Although its price has surged higher, you could still be forgiven for feeling indifferent about Montrose Environmental Group's P/S ratio of 1.2x, since the median price-to-sales (or "P/S") ratio for the Commercial Services industry in the United States is also close to 1.3x. However, investors might be overlooking a clear opportunity or potential setback if there is no rational basis for the P/S.

Check out our latest analysis for Montrose Environmental Group

ps-multiple-vs-industry
NYSE:MEG Price to Sales Ratio vs Industry January 16th 2025

How Montrose Environmental Group Has Been Performing

Recent times have been advantageous for Montrose Environmental Group as its revenues have been rising faster than most other companies. One possibility is that the P/S ratio is moderate because investors think this strong revenue performance might be about to tail off. If you like the company, you'd be hoping this isn't the case so that you could potentially pick up some stock while it's not quite in favour.

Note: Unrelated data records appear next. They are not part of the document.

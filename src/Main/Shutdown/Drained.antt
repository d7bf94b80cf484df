-- ===== src/Main/Shutdown/Drained.antt =====
-- What a shutdown leaves.
use settlement_engine.Prelude.{◌≡◌, true, false, Option, none, some, length, arith}
use settlement_engine.Processor.Polling.Spacing.{OneAtATime}
use settlement_engine.Sweeper.Timer.{Timer, OneSweep}
use settlement_engine.Main.Shutdown.{Engine, exited}
use settlement_engine.Main.Shutdown.Closing.{Closing, SweeperAt}
use settlement_engine.Main.Shutdown.Stages.{early_Held, run-Held}

abbrev pub IsUp : Option Timer → Type 0
IsUp none = Unit
IsUp (some t) = OneSweep t × (t.is_running ≡ true)

abbrev pub IsDone : Option Timer → Type 0
IsDone none = Unit
IsDone (some t) = (t.is_running ≡ false) × (t.sweeps ≡ 0)

up-Watched : (s : Option Timer) → IsUp s → SweeperAt 0 s
up-Watched none u = tt
up-Watched (some t) (single, runs) = record {
  single = single;
  on = λ _. runs;
  off = λ l. absurd (omega (arith, l));
  over = λ l. absurd (omega (arith, l));
}

watched-IsDone : (s : Option Timer) → SweeperAt 7 s → IsDone s
watched-IsDone none w = tt
watched-IsDone (some t) w = (w.off (omega arith), w.over (omega arith))

-- One call of `shutdown` that begins while the engine runs, with one poll at most in its read or its batch
-- and one sweep at most, that finds no poll in its read when it stops the processor, and whose awaited
-- batch does not reject: where no second signal comes and no poll begins its read while another poll
-- reads, whatever the polls, reclaims, batches and sweeps do in between, when it exits the sweeper and the
-- processor do not run, no sweep and no batch of a poll or of `stop` is in flight, the manager has no lock,
-- and the engine has no client of Redis.
pub shutdown_drains :
    {first e : Engine}
    → IsUp first.sweeper
    → OneAtATime first.polling
    → first.polling.is_running ≡ true
    → Closing first exited e
    → IsDone e.sweeper
      × (e.polling.is_running ≡ false)
      × (length e.polling.in_flight ≡ 0)
      × (e.polling.farewell ≡ none)
      × (e.nonce_manager.lock_id ≡ none)
      × (e.clients.redis_client ≡ none)
shutdown_drains {first} {e} up one on closing =
    let h =
      run-Held closing (early_Held 0 first (omega arith) one on (up-Watched first.sweeper up)) in
    (
      watched-IsDone e.sweeper h.watched,
      (h.halted (omega arith)).off,
      h.one.seen (h.settled (omega arith)),
      h.said (omega arith),
      h.released (omega arith),
      h.closed (omega arith),
    )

If you'd like to see what analysts are forecasting going forward, you should check out our free report on Montrose Environmental Group.

Is There Some Revenue Growth Forecasted For Montrose Environmental Group?

In order to justify its P/S ratio, Montrose Environmental Group would need to produce growth that's similar to the industry.

If we review the last year of revenue growth, the company posted a worthy increase of 13%. The latest three year period has also seen an excellent 32% overall rise in revenue, aided somewhat by its short-term performance. Therefore, it's fair to say the revenue growth recently has been superb for the company.

Shifting to the future, estimates from the seven analysts covering the company suggest revenue should grow by 12% per year over the next three years. That's shaping up to be materially higher than the 8.4% each year growth forecast for the broader industry.

In light of this, it's curious that Montrose Environmental Group's P/S sits in line with the majority of other companies. It may be that most investors aren't convinced the company can achieve future growth expectations.

The Final Word

Montrose Environmental Group appears to be back in favour with a solid price jump bringing its P/S back in line with other companies in the industry Typically, we'd caution against reading too much into price-to-sales ratios when settling on investment decisions, though it can reveal plenty about what other market participants think about the company.

Despite enticing revenue growth figures that outpace the industry, Montrose Environmental Group's P/S isn't quite what we'd expect. There could be some risks that the market is pricing in, which is preventing the P/S ratio from matching the positive outlook. It appears some are indeed anticipating revenue instability, because these conditions should normally provide a boost to the share price.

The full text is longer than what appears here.